**EXERCISE GOAL**
The records below are to be transcribed in full, exactly as given.

**GIVEN DATA**
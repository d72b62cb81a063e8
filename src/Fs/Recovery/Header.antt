-- ===== src/Fs/Recovery/Header.antt =====
-- The header block of kern/log.c: what `write_log_header` writes, `read_log_header` reads.
use wei_os.Common.{
  ◌∙◌, ap, ap, ℕ, zero, suc, ◌+◌, ◌*◌, ◌<◌, ◌≡◌, ◌∙◌, refl, Bool, true, List, [], ◌∷◌, ◌++◌, ◌&&◌,
  ltb, arith, length, get_or, drop,
}
use wei_os.Fs.{Block}
use wei_os.Fs.Bitmap.{word}
use wei_os.Fs.Recovery.{header_block, header_words, read_log_header, word_bytes, words_bytes}

-- Every number is a 32-bit word.
abbrev pub all_words : List ℕ → Bool
all_words [] = true
all_words (n ∷ nos) = ltb n 4294967296 && all_words nos

word-word_bytes : (w : ℕ) (c : Block) → w < 4294967296 → word (word_bytes w ++ c) 0 ≡ w
word-word_bytes w c h = omega arith

get_or_behind : (w j : ℕ) (c : Block) → get_or (word_bytes w ++ c) (j + 4) 0 ≡ get_or c j 0
get_or_behind w j c =
    let four : j + 4 ≡ suc (suc (suc (suc j))) = omega arith in
    ap (λ i. get_or (word_bytes w ++ c) i 0) four

word-shift : (w at : ℕ) (c : Block) → word (word_bytes w ++ c) (at + 4) ≡ word c at
word-shift w at c =
    let one : at + 4 + 1 ≡ at + 1 + 4 = omega arith in
    let two : at + 4 + 2 ≡ at + 2 + 4 = omega arith in
    let three : at + 4 + 3 ≡ at + 3 + 4 = omega arith in
    let get = λ (i : ℕ). get_or (word_bytes w ++ c) i 0 in
    omega (
      arith,
      get_or_behind w at c,
      ap get one ∙ get_or_behind w (at + 1) c,
      ap get two ∙ get_or_behind w (at + 2) c,
      ap get three ∙ get_or_behind w (at + 3) c,
    )

header_words-shift :
    (k w at : ℕ) (c : Block) → header_words k (at + 4) (word_bytes w ++ c) ≡ header_words k at c
unfolding header_words
header_words-shift zero w at c = refl
header_words-shift (suc k) w at c = rw (word-shift w at c, header_words-shift k w (at + 4) c) refl

header_words-words_bytes :
    (nos : List ℕ) (c : Block)
    → all_words nos ≡ true
    → header_words (length nos) 0 (words_bytes nos ++ c) ≡ nos
unfolding header_words
header_words-words_bytes [] c h = refl
header_words-words_bytes (n ∷ nos) c h =
    let small : n < 4294967296 = ground arith in
    rw
      (
        word-word_bytes n (words_bytes nos ++ c) small,
        header_words-shift (length nos) n 0 (words_bytes nos ++ c),
      )
      (ap (λ l. n ∷ l) (header_words-words_bytes nos c (ground arith)))

-- The header that `write_log_header` writes over any old block is read back by `read_log_header`: the
-- same numbers in the same order, for fewer than 2 ^ 32 of them, each a 32-bit word.
pub read_log_header-header_block :
    (nos : List ℕ) (old : Block)
    → length nos < 4294967296
    → all_words nos ≡ true
    → read_log_header (header_block nos old) ≡ nos
unfolding read_log_header header_block
read_log_header-header_block nos old h g =
    let rest = words_bytes nos ++ drop (4 * (length nos + 1)) old in
    let shift = header_words-shift (length nos) (length nos) 0 rest in
    let same = header_words-words_bytes nos (drop (4 * (length nos + 1)) old) g in
    ap (λ k. header_words k 4 (word_bytes (length nos) ++ rest))
      (word-word_bytes (length nos) rest h)
    ∙ shift
    ∙ same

**ANSWER AREA**
repository d72b62cb81a063e8
filename src/Fs/Recovery/Header.antt
-- ===== src/Fs/Recovery/Header.antt =====
-- The header block of kern/log.c: what `write_log_header` writes, `read_log_header` reads.
use wei_os.Common.{
  ◌∙◌, ap, ap, ℕ, zero, suc, ◌+◌, ◌*◌, ◌<◌, ◌≡◌, ◌∙◌, refl, Bool, true, List, [], ◌∷◌, ◌++◌, ◌&&◌,
  ltb, arith, length, get_or, drop,
}
use wei_os.Fs.{Block}
use wei_os.Fs.Bitmap.{word}
use wei_os.Fs.Recovery.{header_block, header_words, read_log_header, word_bytes, words_bytes}

-- Every number is a 32-bit word.
abbrev pub all_words : List ℕ → Bool
all_words [] = true
all_words (n ∷ nos) = ltb n 4294967296 && all_words nos

word-word_bytes : (w : ℕ) (c : Block) → w < 4294967296 → word (word_bytes w ++ c) 0 ≡ w
word-word_bytes w c h = omega arith

get_or_behind : (w j : ℕ) (c : Block) → get_or (word_bytes w ++ c) (j + 4) 0 ≡ get_or c j 0
get_or_behind w j c =
    let four : j + 4 ≡ suc (suc (suc (suc j))) = omega arith in
    ap (λ i. get_or (word_bytes w ++ c) i 0) four

word-shift : (w at : ℕ) (c : Block) → word (word_bytes w ++ c) (at + 4) ≡ word c at
word-shift w at c =
    let one : at + 4 + 1 ≡ at + 1 + 4 = omega arith in
    let two : at + 4 + 2 ≡ at + 2 + 4 = omega arith in
    let three : at + 4 + 3 ≡ at + 3 + 4 = omega arith in
    let get = λ (i : ℕ). get_or (word_bytes w ++ c) i 0 in
    omega (
      arith,
      get_or_behind w at c,
      ap get one ∙ get_or_behind w (at + 1) c,
      ap get two ∙ get_or_behind w (at + 2) c,
      ap get three ∙ get_or_behind w (at + 3) c,
    )

header_words-shift :
    (k w at : ℕ) (c : Block) → header_words k (at + 4) (word_bytes w ++ c) ≡ header_words k at c
unfolding header_words
header_words-shift zero w at c = refl
header_words-shift (suc k) w at c = rw (word-shift w at c, header_words-shift k w (at + 4) c) refl

header_words-words_bytes :
    (nos : List ℕ) (c : Block)
    → all_words nos ≡ true
    → header_words (length nos) 0 (words_bytes nos ++ c) ≡ nos
unfolding header_words
header_words-words_bytes [] c h = refl
header_words-words_bytes (n ∷ nos) c h =
    let small : n < 4294967296 = ground arith in
    rw
      (
        word-word_bytes n (words_bytes nos ++ c) small,
        header_words-shift (length nos) n 0 (words_bytes nos ++ c),
      )
      (ap (λ l. n ∷ l) (header_words-words_bytes nos c (ground arith)))

-- The header that `write_log_header` writes over any old block is read back by `read_log_header`: the
-- same numbers in the same order, for fewer than 2 ^ 32 of them, each a 32-bit word.
pub read_log_header-header_block :
    (nos : List ℕ) (old : Block)
    → length nos < 4294967296
    → all_words nos ≡ true
    → read_log_header (header_block nos old) ≡ nos
unfolding read_log_header header_block
read_log_header-header_block nos old h g =
    let rest = words_bytes nos ++ drop (4 * (length nos + 1)) old in
    let shift = header_words-shift (length nos) (length nos) 0 rest in
    let same = header_words-words_bytes nos (drop (4 * (length nos + 1)) old) g in
    ap (λ k. header_words k 4 (word_bytes (length nos) ++ rest))
      (word-word_bytes (length nos) rest h)
    ∙ shift
    ∙ same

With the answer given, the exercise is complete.